Vital Signs

Engaging With Our Neighbors

During Lent, Rev Rob Stewart offers a 7-part series about the Vital Congregations Initiative entitled “7 Marks of Vital Congregations”. This is the third installment, which focuses on outward incarnational focus.

A lid cannot be kept on profoundly felt joy. Blessings cry out to be shared. God’s outpoured gifts are simply meant to be both enjoyed and spread about for others to join in the goodness. God’s overflowing abundance becomes a communal celebration. As they say, “Sorrows shared are halved and joys shared are multiplied.”

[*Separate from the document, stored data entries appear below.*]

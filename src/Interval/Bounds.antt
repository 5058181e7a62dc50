-- ===== src/Interval/Bounds.antt =====
-- The bounds of an Interval's attributes.
use mathlib.Core.Path.{subst}
use amazon_redshift_python_d.Prelude.{
  ℕ, ◌≡◌, refl, true, Option, none, some, List, [], ◌∷◌, Bool-cases, inl, inr,
}
use amazon_redshift_python_d.Prelude.Int.{ℤ}
use amazon_redshift_python_d.Prelude.Result.{Result, ok, err, ◌>>=◌, >>=-eq-ok, ok-injective}
use amazon_redshift_python_d.Types.Args.{PyValue}
use amazon_redshift_python_d.Types.Params.{within}
use amazon_redshift_python_d.Interval.{
  Interval, Attribute, bounded, in_range, max_int4, max_int8, new_interval, set_attribute, set_days,
  set_microseconds, set_months,
}

pub record IsBounded (v : Interval) : Type 0 where
  pub microseconds : within max_int8 v.microseconds ≡ true
  pub days : within max_int4 v.days ≡ true
  pub months : within max_int4 v.months ≡ true

-- Assignments one after the other: one that raises leaves the interval as it is.
abbrev kept : Interval → Result Interval → Interval
kept v (ok w) = w
kept v (err e) = v

unfoldable pub set_all : List (Attribute × PyValue) → Interval → Interval
set_all [] v = v
set_all ((a, value) ∷ rest) v = set_all rest (kept v (set_attribute a value v))

bounded-within : (limit : ℕ) (o : Option ℤ) (z : ℤ) → bounded limit o ≡ ok z → within limit z ≡ true
bounded-within limit none z e = cc
bounded-within limit (some y) z e = elim (Bool-cases (within limit y)) [
  | inl yes' ↦ cc
  | inr no' ↦ cc
]

in_range-within :
    (limit : ℕ) (value : PyValue) (z : ℤ) → in_range limit value ≡ ok z → within limit z ≡ true
unfolding in_range
in_range-within limit value z e = bounded-within limit _ z e

new_interval-IsBounded :
    (microseconds days months : PyValue) (v : Interval)
    → new_interval microseconds days months ≡ ok v
    → IsBounded v
unfolding new_interval
new_interval-IsBounded microseconds days months v e =
    let (m, e1, r1) = >>=-eq-ok (in_range max_int8 microseconds) _ e in
    let (d, e2, r2) = >>=-eq-ok (in_range max_int4 days) _ r1 in
    let (n, e3, r3) = >>=-eq-ok (in_range max_int4 months) _ r2 in
    made v m d n (in_range-within max_int8 microseconds m e1) (in_range-within max_int4 days d e2)
      (in_range-within max_int4 months n e3) r3
  where
    made :
        (v : Interval) (m d n : ℤ)
        → within max_int8 m ≡ true
        → within max_int4 d ≡ true
        → within max_int4 n ≡ true
        → ok (record { microseconds = m; days = d; months = n }) ≡ ok v
        → IsBounded v
    made v m d n p q r e =
        subst IsBounded (ok-injective _ v e) (record { microseconds = p; days = q; months = r })

given :
    (r : Result ℤ) (f : ℤ → Interval) (v : Interval)
    → ((z : ℤ) → r ≡ ok z → IsBounded (f z))
    → IsBounded v
    → IsBounded (kept v (r >>= λ z. ok (f z)))
given (ok z) f v new b = new z refl
given (err e) f v new b = b

set_attribute-IsBounded :
    (a : Attribute) (value : PyValue) (v : Interval)
    → IsBounded v
    → IsBounded (kept v (set_attribute a value v))
unfolding set_attribute
set_attribute-IsBounded set_microseconds value v b =
    given _ (λ z. record v { microseconds = z }) v
      (λ z e. record {
        microseconds = in_range-within max_int8 value z e;
        days = b.days;
        months = b.months;
      })
      b
set_attribute-IsBounded set_days value v b =
    given _ (λ z. record v { days = z }) v
      (λ z e. record {
        microseconds = b.microseconds;
        days = in_range-within max_int4 value z e;
        months = b.months;
      })
      b
set_attribute-IsBounded set_months value v b =
    given _ (λ z. record v { months = z }) v
      (λ z e. record {
        microseconds = b.microseconds;
        days = b.days;
        months = in_range-within max_int4 value z e;
      })
      b

set_all-kept :
    (sets : List (Attribute × PyValue)) (v : Interval) → IsBounded v → IsBounded (set_all sets v)
unfolding set_all
set_all-kept [] v b = b
set_all-kept ((a, value) ∷ rest) v b =
    set_all-kept rest (kept v (set_attribute a value v)) (set_attribute-IsBounded a value v b)

-- An Interval that was made, whatever was assigned to its attributes since, has microseconds between
-- -2^63 and 2^63 and days and months between -2^31 and 2^31, all excluded.
pub set_all-IsBounded :
    (microseconds days months : PyValue) (v : Interval) (sets : List (Attribute × PyValue))
    → new_interval microseconds days months ≡ ok v
    → IsBounded (set_all sets v)
set_all-IsBounded microseconds days months v sets e =
    set_all-kept sets v (new_interval-IsBounded microseconds days months v e)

Many cultures know and teach that those who are privileged have an obligation to share out of their abundance. Jesus teaches us that “unless your religion goes beyond that of the scholars, you will not be in God’s realm” (Matthew 5:20). The early church practiced the sharing of God’s gifts and graces for the common good (Acts 2:42-47)  The challenge (and call) to the church is to listen to God’s invitation to serve as well as to listen to neighbors around us who need us to join them in dispersing God’s abundance with joy.

One of the marvelous tools that a congregation can use to discover or rediscover their neighborhood is to get outside the church doors and start walking. What do we see? Who do we meet? What do our neighbors say about what is going on? What are their concerns that a congregation can listen to even if it is just to show compassion? Are there struggles to which a church can lend support? And again, my favorite question, “How can our church be the answer to someone’s prayer?”

Many church folks have an attitude that we only need to be kind and welcoming to those who happen to come through our sanctuary doors. It is an entirely different thing for a church to take the initiative to reach out, to offer a listening ear, to discover a need, to offer a helping hand.

Yes, Jesus calls us to BE kind and loving; Jesus also calls us to ACT in spiritually tangible ways. In a world with compelling needs, we begin with what is right in front of us. Dealing with our own fears and hesitation can be a challenge. We need each other to find our way. As Anna in Frozen 2 asks, “What is the next right thing?”

Walking along a beach, two people saw thousands of starfish washed ashore. Every now and then one of the walkers would bend down, pick up a starfish and toss it back into the ocean. Finally, the other asks, “Why are you bothering to do this when there are so many?” The star-tosser picks up another one, flings it into the sea, and replies, “It matters to that one.”

We can each do something. Together we can do great things. Jesus said, “Very truly I tell you, the one who believes in me will also do the works that I do and, in fact, will do greater works than these….” (John 14:12)

This is our invitation! May blessings abound as we faithfully serve God and others with an Outward Incarnational Focus.